Home > Literature > Collected Essays > Page 4
Collected Essays Page 4

by Aldous Huxley


  The process of destruction is a familiar one. The trees were cut for firewood and shipbuilding. (The naval arsenal at Toulon devoured the forest for miles around.) The glass industry ate its way from the plain into the mountains, carrying with it irreparable destruction. Meanwhile, the farmers and the shepherds were busy, cutting into the woods in search of more land for the plough, burning them in order to have more pasture for their beasts. The young trees sprouted again—only to be eaten by the sheep and goats. In the end they gave up the struggle and what had been forest turned at last to a blasted heath. The long process of degradation ends in the garrigue. And even this blasted heath is not quite the end. Beyond the true garrigue, with its cistus, its broom, its prickly dwarf oak, there lie a series of false garrigues, vegetably speaking worse than the true. On purpose or by accident, somebody sets fire to the scrub. In the following spring the new shoots are eaten down to the ground. A coarse grass—baouco in Provencal—is all that manages to spring up. The shepherd is happy; his beasts can feed, as they could not do on the garrigue. But sheep and goats are ravenous. The new pasture is soon overgrazed. The baouco is torn up by the roots and disappears, giving place to ferocious blue thistles and the poisonous asphodel. With the asphodel the process is complete. Degradation can go no further. The asphodel is sheep-proof and even, thanks to its deeply planted tubers, fire-proof. And it allows very little else to grow in its neighborhood. If protected long enough from fire and animals, the garrigue will gradually build itself up again into a forest. But a desert of asphodels obstinately remains itself.
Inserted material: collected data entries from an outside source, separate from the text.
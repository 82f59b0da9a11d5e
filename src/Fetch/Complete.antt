-- ===== src/Fetch/Complete.antt =====
-- What `fetch_image` leaves: the whole image and its ref, or the store as it was but for what is not
-- recorded.
use climate.Common.{
  Text, text_eq_refl, if◌then◌else◌, some, List, [], ◌∷◌, Bool, true, false, ok, context-eq-ok, ◌≡◌,
  refl, All-In, inl, inr, In, ◌⊎◌, All,
}
use climate.Common.Error.{unresolved_image, manifest_not_fetched}
use climate.Store.{
  put_ref, Store, find_ref, has_layer, has_blob, read_blob, read_ref, record_ref, marker_name,
}
use climate.Store.Action.{
  Action, Promises, Ends, pure, asks, ◌>>=◌, ◌>>◌, pure-Promises, asks-Promises, lift-Promises,
  change-Promises, bind-Promises, Promises-weaken,
}
use climate.Store.Kept.{Kept, Kept-refl, has_layer-Kept}
use climate.Fetch.{
  Remote, Descriptor, ImageManifest, fetch_config, fetch_layers, missing_layers, fetch_image,
}
use climate.Fetch.Rules.{Stable, and-Stable, constant-Stable, Kept-Stable}
use climate.Fetch.Layer.{fetch_layers-Promises, missing_layers-Promises}
use climate.Fetch.Blobs.{
  HoldsBlob, HoldsBlob-Stable, read_blob-Stable, write_blob-Promises, record_ref-Promises,
  stored_blob, stored_blob-Kept, IsWritten, has_blob-HoldsBlob, fetch_config-Promises,
}

-- The image of a reference is in the store: its ref, its manifest, its settings and its layers.
pub record IsStored (s : Store) (reference digest raw : Text) (m : ImageManifest) : Type 0 where
  pub recorded : read_ref s reference ≡ some digest
  pub manifest : read_blob s digest ≡ ok raw
  pub config : HoldsBlob m.config.digest s
  pub layers : All (λ (l : Descriptor). has_layer s l.digest ≡ ok true) m.layers

pub record IsPulled (remote : Remote) (s : Store) (reference : Text) : Type 0 where
  pub manifest : ImageManifest
  pub digest : Text
  pub raw : Text
  pub resolved : remote.pull_image_manifest reference ≡ some (manifest, digest)
  pub fetched : remote.pull_manifest_raw reference digest ≡ some raw
  pub stored : IsStored s reference digest raw manifest

-- Bytes that are in the store under the digest of a manifest are that manifest.
unfoldable pub IsAddressed : Remote → Store → Text → Type 0
IsAddressed remote s reference =
    (m : ImageManifest) (digest raw bytes : Text)
    → remote.pull_image_manifest reference ≡ some (m, digest)
    → remote.pull_manifest_raw reference digest ≡ some raw
    → read_blob s digest ≡ ok bytes
    → bytes ≡ raw

-- Every download that was started completes.
unfoldable pub IsComplete : Remote → Type 0
IsComplete remote = (ls : List Descriptor) (l : Descriptor) → In l ls → In l (remote.completed ls)

pub read_ref-put_ref :
    (s : Store) (reference digest : Text)
    → read_ref (put_ref reference digest s) reference ≡ some digest
unfolding read_ref find_ref
read_ref-put_ref s reference digest = rw (text_eq_refl (marker_name reference)) refl

find_layers :
    (remote : Remote) (s : Store) (layers pending : List Descriptor)
    → IsComplete remote
    → ((l : Descriptor) → In l layers → In l pending ⊎ (has_layer s l.digest ≡ ok true))
    → All (λ (l : Descriptor). has_layer s l.digest ≡ ok true) (remote.completed pending)
    → All (λ (l : Descriptor). has_layer s l.digest ≡ ok true) layers
unfolding IsComplete
find_layers remote s [] pending complete found done = tt
find_layers remote s (l ∷ layers) pending complete found done = (
  elim (found l (inl refl)) [
    | inl i ↦
        All-In (λ (l : Descriptor). has_layer s l.digest ≡ ok true) (remote.completed pending) done
          l (complete pending l i)
    | inr there ↦ there
  ],
  find_layers remote s layers pending complete (λ m i. found m (inr i)) done,
)

recorded_image :
    (s : Store) (reference digest raw : Text) (m : ImageManifest)
    → read_blob s digest ≡ ok raw
    → HoldsBlob m.config.digest s
    → All (λ (l : Descriptor). has_layer s l.digest ≡ ok true) m.layers
    → IsStored (put_ref reference digest s) reference digest raw m
unfolding read_blob has_layer
recorded_image s reference digest raw m there config layers = record {
  recorded = read_ref-put_ref s reference digest;
  manifest = there;
  config = config;
  layers = layers;
}

module _ (remote : Remote) (complete : IsComplete remote) (done_writing : IsWritten remote.writes)
    (reference : Text) (s0 : Store) where
  config_step :
      {P : Store → Type 0} (stable : Stable P) (config : Descriptor) (there : Bool)
      → Promises
          (λ s. P s × (has_blob s config.digest ≡ ok there))
          (if there then pure tt else fetch_config remote reference config)
          (λ done s. P s × HoldsBlob config.digest s)
          P
  config_step stable config true =
      pure-Promises _ _ tt (λ s p. (p.0, has_blob-HoldsBlob config.digest s p.1))
  config_step stable config false = fetch_config-Promises remote stable reference config

  found-Stable :
      (layers pending : List Descriptor)
      → Stable
          (λ s. (l : Descriptor) → In l layers → In l pending ⊎ (has_layer s l.digest ≡ ok true))
  found-Stable layers pending = record {
    step = λ s s' h k l i. elim (h l i) [
      | inl j ↦ inl j
      | inr there ↦ inr (has_layer-Kept l.digest k there)
    ];
  }

  layers_step :
      {P E : Store → Type 0} {R : Unit {0} → Store → Type 0} (stable : Stable P) (m : ImageManifest)
      (next : Action (Unit {0}))
      → ((s : Store) → P s → E s)
      → Promises
          (λ s. P s × All (λ (l : Descriptor). has_layer s l.digest ≡ ok true) m.layers)
          next
          R
          E
      → Promises P
          (missing_layers m.layers >>= λ pending.
            fetch_layers remote reference 1 (remote.completed pending) >> next)
          R
          E
  layers_step {P = P} stable m next hurt rest =
      bind-Promises _ _ _
        (Promises-weaken _ (missing_layers-Promises m.layers {P = P}) (λ s a q. q) hurt)
        (λ pending.
          bind-Promises
            (λ done s. P s × All (λ (l : Descriptor). has_layer s l.digest ≡ ok true) m.layers) _ _
            (Promises-weaken _
              (fetch_layers-Promises remote reference (remote.completed pending) 1
                (and-Stable stable (found-Stable m.layers pending)))
              (λ s a q. (q.0.0, find_layers remote s m.layers pending complete q.0.1 q.1))
              (λ s q. hurt s q.0))
            (λ done. rest))

  -- The facts that hold once the manifest is in the store.
  abbrev ManifestFacts : ImageManifest × Text → Text → Store → Type 0
  ManifestFacts r raw s =
      (Kept s0 s × (read_blob s r.1 ≡ ok raw))
      × ((remote.pull_image_manifest reference ≡ some r)
          × (remote.pull_manifest_raw reference r.1 ≡ some raw))

  facts-Stable : (r : ImageManifest × Text) (raw : Text) → Stable (ManifestFacts r raw)
  facts-Stable r raw = and-Stable (and-Stable (Kept-Stable s0) (read_blob-Stable r.1 raw)) (
      constant-Stable (
        (remote.pull_image_manifest reference ≡ some r)
        × (remote.pull_manifest_raw reference r.1 ≡ some raw)))

  contents_step :
      (r : ImageManifest × Text) (raw : Text)
      → Promises
          (ManifestFacts r raw)
          (asks (λ s. has_blob s r.0.config.digest) >>= λ there.
            (if there then pure tt else fetch_config remote reference r.0.config)
            >> (missing_layers r.0.layers >>= λ pending.
                fetch_layers remote reference 1 (remote.completed pending)
                >> record_ref remote.writes reference r.1))
          (λ done s. IsPulled remote s reference)
          (Kept s0)
  contents_step r raw =
      let stable = facts-Stable r raw in
      let held = and-Stable stable (HoldsBlob-Stable r.0.config.digest) in
      bind-Promises (λ there s. ManifestFacts r raw s × (has_blob s r.0.config.digest ≡ ok there)) _
        _
        (asks-Promises _ (λ s. has_blob s r.0.config.digest) (λ s p. p.0.0) (λ s there p e. (p, e)))
        (λ there.
          bind-Promises _ _ _
            (Promises-weaken _ (config_step stable r.0.config there) (λ s a p. p) (λ s p. p.0.0))
            (λ done.
              layers_step held r.0 (record_ref remote.writes reference r.1) (λ s p. p.0.0.0)
                (record_ref-Promises remote.writes done_writing reference r.1
                  (λ s q. recorded s q))))
    where
      recorded :
          (s : Store)
          → (ManifestFacts r raw s × HoldsBlob r.0.config.digest s)
            × All (λ (l : Descriptor). has_layer s l.digest ≡ ok true) r.0.layers
          → IsPulled remote (put_ref reference r.1 s) reference
      recorded s q = record {
        manifest = r.0;
        digest = r.1;
        raw = raw;
        resolved = q.0.0.1.0;
        fetched = q.0.0.1.1;
        stored = recorded_image s reference r.1 raw r.0 q.0.0.0.1 q.0.1 q.1;
      }

  fetch_image-Promises :
      IsAddressed remote s0 reference
      → Promises
          (λ s. s ≡ s0)
          (fetch_image remote reference)
          (λ done s. IsPulled remote s reference)
          (Kept s0)
  unfolding fetch_image IsAddressed
  fetch_image-Promises addressed =
      bind-Promises (λ r s. (s ≡ s0) × (remote.pull_image_manifest reference ≡ some r)) _ _
        (lift-Promises _ _ (λ s p. rw p (Kept-refl s0))
          (λ s r p e. (
            p,
            context-eq-ok (remote.pull_image_manifest reference) (unresolved_image reference) e,
          )))
        (λ r.
          bind-Promises
            (λ raw s.
              ((s ≡ s0) × (remote.pull_image_manifest reference ≡ some r))
              × (remote.pull_manifest_raw reference r.1 ≡ some raw))
            _ _
            (lift-Promises _ _ (λ s p. rw p.0 (Kept-refl s0))
              (λ s raw p e. (
                p,
                context-eq-ok (remote.pull_manifest_raw reference r.1)
                    (manifest_not_fetched reference) e,
              )))
            (λ raw.
              bind-Promises (λ done s. ManifestFacts r raw s) _ _
                (write_blob-Promises remote.writes done_writing r.1 raw (
                  change-Promises _ (λ s. stored_blob s r.1 raw) (λ s p. rw p.0.0 (Kept-refl s0))
                    (λ s s' p written. (
                      stored_blob-Kept s0 s' r.1 raw (λ b h. addressed r.0 r.1 raw b p.0.1 p.1 h)
                          (rw p.0.0 at written),
                      (p.0.1, p.1),
                    ))))
                (λ done. contents_step r raw)))

-- A download that goes well leaves the whole image and its ref: what the registry names as its
-- manifest, its settings and every layer. One that fails leaves the refs, the blobs and the layers
-- that there were. The registry's manifest is what the store holds under its digest, if anything, every
-- download that is started completes, and no write of a manifest or a ref breaks off: that would leave a
-- torn file in the place of the one that was there.
pub fetch_image-Ends :
    (remote : Remote) (reference : Text) (s : Store)
    → IsComplete remote
    → IsWritten remote.writes
    → IsAddressed remote s reference
    → Ends (λ done s'. IsPulled remote s' reference) (Kept s) (fetch_image remote reference s)
fetch_image-Ends remote reference s complete written addressed =
    (fetch_image-Promises remote complete written reference s addressed).ends s refl
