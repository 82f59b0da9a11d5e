-- ===== src/Build/Steps.antt =====
-- What the steps of `build` leave of the store, up to the renaming of the new layer.
use climate.Common.{
  Text, codes, retain, not, ◌&&◌, ◌++◌, true, ok, err, Result, ◌≡◌, refl, ◌∙◌, Bool-cases, inl, inr,
}
use climate.Common.Error.{Error, not_finalised}
use climate.Config.{AppConfig}
use climate.Store.{Manifest, Store, Path2, path_eq}
use climate.Store.Action.{
  Action, Promises, lift, modify, ◌>>◌, pure-Promises, lift-Promises, modify-Promises,
  bind-Promises,
}
use climate.Store.Kept.{Kept, Kept-trans, has_path, has_path-here}
use climate.Fetch.{staging_of, with_layer, without_layer}
use climate.Fetch.Rules.{lift-then, asks-then, without_layer-Kept, with_layer-Kept}
use climate.Runtime.Overlay.{Overlays, layer_dir}
use climate.Build.{World, work_of, make_dir, rename_upper, unless_failed, run_in_layer, run_script}

-- Until the manifest is written, the blobs are those that there were.
abbrev pub Unwritten : Store → Store → Type 0
Unwritten s0 s = Kept s0 s × (s.blobs ≡ s0.blobs)

module _ {D F K P S : Type 0} (world : World D F K P S) (s0 : Store) where
  layers-then :
      {R : Unit {0} → Store → Type 0} (f : Store → Store) (next : Action (Unit {0}))
      → ((s : Store) → Kept s (f s) × ((f s).blobs ≡ s.blobs))
      → Promises (Unwritten s0) next R (Kept s0)
      → Promises (Unwritten s0) (modify f >> next) R (Kept s0)
  layers-then f next h rest =
      bind-Promises (λ done s. Unwritten s0 s) _ _
        (modify-Promises _ f (λ s p. (Kept-trans p.0 (h s).0, (h s).1 ∙ p.1))) (λ done. rest)

  pub Unwritten-Kept : (s : Store) → Unwritten s0 s → Kept s0 s
  Unwritten-Kept s p = p.0

  make_dir-Promises :
      (path : Path2)
      → Promises (Unwritten s0) (make_dir world path) (λ done s. Unwritten s0 s) (Kept s0)
  unfolding make_dir
  make_dir-Promises path = lift-then Unwritten-Kept _ _ (λ done made.
      modify-Promises (λ done s. Unwritten s0 s) (with_layer path)
        (λ s p. (Kept-trans p.0 (with_layer-Kept path s), p.1)))

  unless_failed-Promises :
      (layer : Path2) (r : Result Error (Unit {0}))
      → Promises (Unwritten s0) (unless_failed world layer r) (λ done s. Unwritten s0 s) (Kept s0)
  unless_failed-Promises layer (ok done) = pure-Promises _ _ tt (λ s p. p)
  unless_failed-Promises layer (err e) =
      layers-then (without_layer (staging_of layer)) (lift (err e))
        (λ s. (without_layer-Kept layer s, refl))
        (lift-Promises _ (err e) Unwritten-Kept (λ s a p h. p))

  pub run_in_layer-Promises :
      (cfg : AppConfig F K) (script : Text) (o : Overlays) (base_key : Text) (base : Manifest)
      (layer : Path2)
      → Promises
          (Unwritten s0)
          (run_in_layer world cfg script o base_key base layer)
          (λ done s. Unwritten s0 s)
          (Kept s0)
  unfolding run_in_layer
  run_in_layer-Promises cfg script o base_key base (algo, hex) =
      bind-Promises (λ done s. Unwritten s0 s) _ _ (make_dir-Promises (staging_of (algo, hex)))
        (λ done.
          bind-Promises (λ done s. Unwritten s0 s) _ _ (make_dir-Promises (work_of (algo, hex)))
            (λ done.
              asks-then Unwritten-Kept
                (λ s.
                  ok
                    (run_script world cfg script base_key s base
                      (
                        layer_dir world.system (staging_of (algo, hex)),
                        layer_dir world.system (work_of (algo, hex)),
                      )
                      o).0)
                _
                (λ result.
                  layers-then (without_layer (work_of (algo, hex))) _
                    (λ s. (without_layer-Kept (algo, hex ++ codes "-work") s, refl))
                    (unless_failed-Promises (algo, hex) result))))

  pub rename_upper-Kept :
      (digest : Text) (layer : Path2) (s s' : Store)
      → rename_upper world digest layer s ≡ ok s'
      → Kept s s' × (s'.blobs ≡ s.blobs) × (has_path s'.layers layer ≡ true)
  unfolding rename_upper
  rename_upper-Kept digest layer s s' h =
      elim (Bool-cases (has_path s.layers layer && not (world.is_empty_dir layer))) [
        | inl taken ↦ let bad : err (not_finalised digest) ≡ ok s' = rw taken at h in cc
        | inr free ↦
            let moved : Store = with_layer layer (without_layer (staging_of layer) s) in
            let renamed : Result.ok moved ≡ ok s' = rw free at h in
            let e : moved ≡ s' = cc in
            rw (← e) (
              Kept-trans (without_layer-Kept layer s)
                  (with_layer-Kept layer (without_layer (staging_of layer) s)),
              refl,
              has_path-here
                  (retain (λ p. not (path_eq p layer)) (without_layer (staging_of layer) s).layers)
                  layer,
            )
      ]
  Efforts are now being made to reafforest the blasted heaths of Provence. In an age of cigarette-smoking tourists the task is difficult and the interruptions by fire frequent and disheartening. One can hardly doubt, however, of the ultimate success of the undertaking. The chemists may spare the olive trees; and yet the face of Provence may still be changed. For the proper background to the olive trees is the thinly fledged limestone of the hills—pinkish and white and pale blue in the distance, like Cezanne’s Mont Sainte Victoire. Reforested, these hills will be almost black with ilex and pine. Half the painter’s paradise will have gone, if the desert is brought back to life. With the cutting of the olive trees the other half will follow.

  (From The Olive Tree)

  The Desert

  Boundlessness and emptiness—these are the two most expressive symbols of that attributeless Godhead, of whom all that can be said is St. Bernard’s Nescio nescio or the Vedantist’s “not this, not this.” The Godhead, says Meister Eckhart, must be loved “as not-God, not-Spirit, not-person, not-image, must be loved as He is, a sheer pure absolute One, sundered from all twoness, and in whom we must eternally sink from nothingness to nothingness.” In the scriptures of Northern and Far Eastern Buddhism the spatial metaphors recur again and again. At the moment of death, writes the author of Bardo Thodol, “all things are like the cloudless sky; and the naked immaculate Intellect is like unto a translucent void without circumference or center.” “The great Way,” in Sosan’s words, “is perfect, like unto vast space, with nothing wanting, nothing superfluous.” “Mind,” says Hui-neng (and he is speaking of that universal ground of consciousness, from which all beings, the unenlightened no less than the enlightened, take their source), “mind is like emptiness of space… Space contains sun, moon, stars, the great earth, with its mountains and rivers… Good men and bad men, good things and bad things, heaven and hell—they are all in empty space. The emptiness of Self-nature is in all people just like this.” The theologians argue, the dogmatists declaim their credos; but their propositions “stand in no intrinsic relation to my inner light. This Inner Light” (I quote from Yoka Dashi’s “Song of Enlightenment”) “can be likened to space; it knows no boundaries; yet it is always here, is always with us, always retains its serenity and fullness… You cannot take hold of it, and you cannot get rid of it; it goes on its own way. You speak and it is silent; you remain silent, and it speaks.”

  Silence is the cloudless heaven perceived by another sense. Like space and emptiness, it is a natural symbol of the divine. In the Mithraic mysteries, the candidate for initiation was told to lay a finger to his lips and whisper: “Silence! Silence! Silence—symbol of the living imperishable God!” And long before the coming of Christianity to the Thebaid, there had been Egyptian mystery religions, for whose followers God was a well of life, “closed to him who speaks, but open to the silent.” The Hebrew scriptures are eloquent almost to excess; but even here, among the splendid rumblings of prophetic praise and impetration and anathema, there are occasional references to the spiritual meaning and the therapeutic virtues of silence. “Be still, and know that I am God.” “The Lord is in his holy temple; let all the world keep silence before him.” “Keep thou silence at the presence of the Lord God.” The desert, after all, began within a few miles of the gates of Jerusalem.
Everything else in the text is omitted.